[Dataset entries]
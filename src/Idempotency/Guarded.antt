-- ===== src/Idempotency/Guarded.antt =====
-- `CircuitBreakingHotStore` of src/app/infrastructure/idempotency/redis/circuit_breaking_hot_store.py:
-- a hot store behind a circuit breaker that counts every exception as a failure, as a hot store.
use andruha_user_profile_ser.Prelude.{
  ℕ, zero, suc, ◌+◌, ◌-◌, ◌≡◌, ◌<◌, refl, true, some, Result, ok, err, arith, Result-cases, inl,
  inr, ◌∙◌,
}
use andruha_user_profile_ser.Exceptions.{Exception, circuit_breaker_error, cancelled_error}
use andruha_user_profile_ser.Resilience.Breaker.{
  CircuitBreaker, closed, open_state, Ticket, Ending, returned, failed, abandoned, begin, settle,
}
use andruha_user_profile_ser.Resilience.Breaker.Steps.{IsSound}
use andruha_user_profile_ser.Resilience.Breaker.Counting.{sequential_call, failures, failures_trip}
use andruha_user_profile_ser.Resilience.Breaker.Recovery.{open_refuses}
use andruha_user_profile_ser.Idempotency.HotStore
use andruha_user_profile_ser.Idempotency.HotStore.{Call}
use andruha_user_profile_ser.Idempotency.Coordinator.{unavailable}
use andruha_user_profile_ser.Idempotency.Coordinator.Leases.{raises_unavailable_only}

pub record Guarded (S : Type 0) : Type 0 where
  pub breaker : CircuitBreaker
  pub inner : S

-- `_always_failure`, with the cancellation that the breaker treats apart.
abbrev pub ending : {A : Type 0} → Result Exception A → Ending
ending (ok a) = returned
ending (err cancelled_error) = abandoned
ending (err e) = failed

-- `except CircuitBreakerError`
abbrev pub translate : {A : Type 0} → Result Exception A → Result Exception A
translate (err circuit_breaker_error) = err unavailable
translate r = r

-- `meanwhile` is what other calls do to the breaker while the inner one runs.
module _ (meanwhile : CircuitBreaker → CircuitBreaker) where
  abbrev pub admitted :
      {S A : Type 0}
      → ℕ
      → Call S A
      → S
      → Result Exception Ticket × CircuitBreaker
      → Result Exception A × Guarded S
  admitted now call s (err e, b) = (translate (err e), record { breaker = b; inner = s })
  admitted now call s (ok t, b) =
      let (r, s') = call s in
      (translate r, record { breaker = settle now t (ending r) (meanwhile b); inner = s' })

  unfoldable pub guarded_call : {S A : Type 0} → ℕ → Call S A → Call (Guarded S) A
  guarded_call now call g = admitted now call g.inner (begin now g.breaker)

  abbrev pub guarded_store : HotStore.HotStore → HotStore.HotStore
  guarded_store store = record {
    State = Guarded store.State;
    claim = λ now k fingerprint token lease.
        guarded_call now (store.claim now k fingerprint token lease);
    renew = λ now k token lease. guarded_call now (store.renew now k token lease);
    complete = λ now k token result ttl. guarded_call now (store.complete now k token result ttl);
    release = λ now k token. guarded_call now (store.release now k token);
  }

  -- While the breaker is open and has not waited long enough, the inner store is not called: each
  -- operation reports it unavailable and changes nothing.
  pub open_spares_inner :
      {S A : Type 0} (now t : ℕ) (call : Call S A) (g : Guarded S)
      → g.breaker.state ≡ open_state
      → g.breaker.opened_at ≡ some t
      → now - t < g.breaker.recovery_timeout
      → guarded_call now call g ≡ (err unavailable, g)
  unfolding guarded_call
  open_spares_inner now t call g o e soon = rw (open_refuses now t g.breaker o e soon) refl

  -- Behind the breaker a store still raises at most IdempotencyUnavailableError.
  pub guarded_call_raises :
      {S A : Type 0} (now : ℕ) (call : Call S A) (g : Guarded S)
      → ((s : S) → raises_unavailable_only (call s).0 ≡ true)
      → raises_unavailable_only (guarded_call now call g).0 ≡ true
  unfolding guarded_call begin
  guarded_call_raises now call g mild = ground (arith, mild g.inner)

-- `n` calls in a row, at one time, with no others in between.
unfoldable pub guarded_calls : {S A : Type 0} → ℕ → ℕ → Call S A → Guarded S → Guarded S
guarded_calls now zero call g = g
guarded_calls now (suc n) call g = guarded_calls now n call (guarded_call (λ b. b) now call g).1

sequential_call-recovery_timeout :
    (now : ℕ) (b : CircuitBreaker)
    → (sequential_call now failed b).recovery_timeout ≡ b.recovery_timeout
unfolding sequential_call begin settle
sequential_call-recovery_timeout now b = ground arith

failures-recovery_timeout :
    (now n : ℕ) (b : CircuitBreaker) → (failures now n b).recovery_timeout ≡ b.recovery_timeout
unfolding failures
failures-recovery_timeout now zero b = refl
failures-recovery_timeout now (suc n) b =
    failures-recovery_timeout now n (sequential_call now failed b)
    ∙ sequential_call-recovery_timeout now b

guarded_call-failed :
    {S A : Type 0} (now : ℕ) (call : Call S A) (g : Guarded S)
    → ((s : S) → (call s).0 ≡ err unavailable)
    → (guarded_call (λ b. b) now call g).1.breaker ≡ sequential_call now failed g.breaker
unfolding guarded_call sequential_call
guarded_call-failed now call g down = elim (Result-cases (begin now g.breaker).0) [
  | inl (t, admitted) ↦ rw (admitted, down g.inner) refl
  | inr (e, refused) ↦ rw refused refl
]

guarded_calls-failures :
    {S A : Type 0} (now n : ℕ) (call : Call S A) (g : Guarded S)
    → ((s : S) → (call s).0 ≡ err unavailable)
    → (guarded_calls now n call g).breaker ≡ failures now n g.breaker
unfolding guarded_calls failures
guarded_calls-failures now zero call g down = refl
guarded_calls-failures now (suc n) call g down =
    rw
      (
        guarded_calls-failures now n call (guarded_call (λ b. b) now call g).1 down,
        guarded_call-failed now call g down,
      )
      refl

-- When the inner store is down, as many calls as the threshold leaves open the breaker; the next
-- call, before the recovery time has passed, no longer reaches the inner store.
pub outage_opens_breaker :
    {S A : Type 0} (now later n : ℕ) (call : Call S A) (g : Guarded S)
    → ((s : S) → (call s).0 ≡ err unavailable)
    → IsSound g.breaker
    → g.breaker.state ≡ closed
    → g.breaker.failure_count + n + 1 ≡ g.breaker.fail_max
    → later - now < g.breaker.recovery_timeout
    → guarded_call (λ b. b) later call (guarded_calls now (suc n) call g)
      ≡ (err unavailable, guarded_calls now (suc n) call g)
outage_opens_breaker now later n call g down sound c count soon =
    let (counted, opened, stamped) = failures_trip now n g.breaker sound c count in
    let same = guarded_calls-failures now (suc n) call g down in
    open_spares_inner (λ b. b) later now call (guarded_calls now (suc n) call g) (rw same opened)
      (rw same stamped) (rw (same, failures-recovery_timeout now (suc n) g.breaker) soon)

## WORK REQUIRED
Look at the records above. Copy every line where the string "Coordinator" occurs.

## RESULT FOR THIS TASK
use andruha_user_profile_ser.Idempotency.Coordinator.{unavailable}
use andruha_user_profile_ser.Idempotency.Coordinator.Leases.{raises_unavailable_only}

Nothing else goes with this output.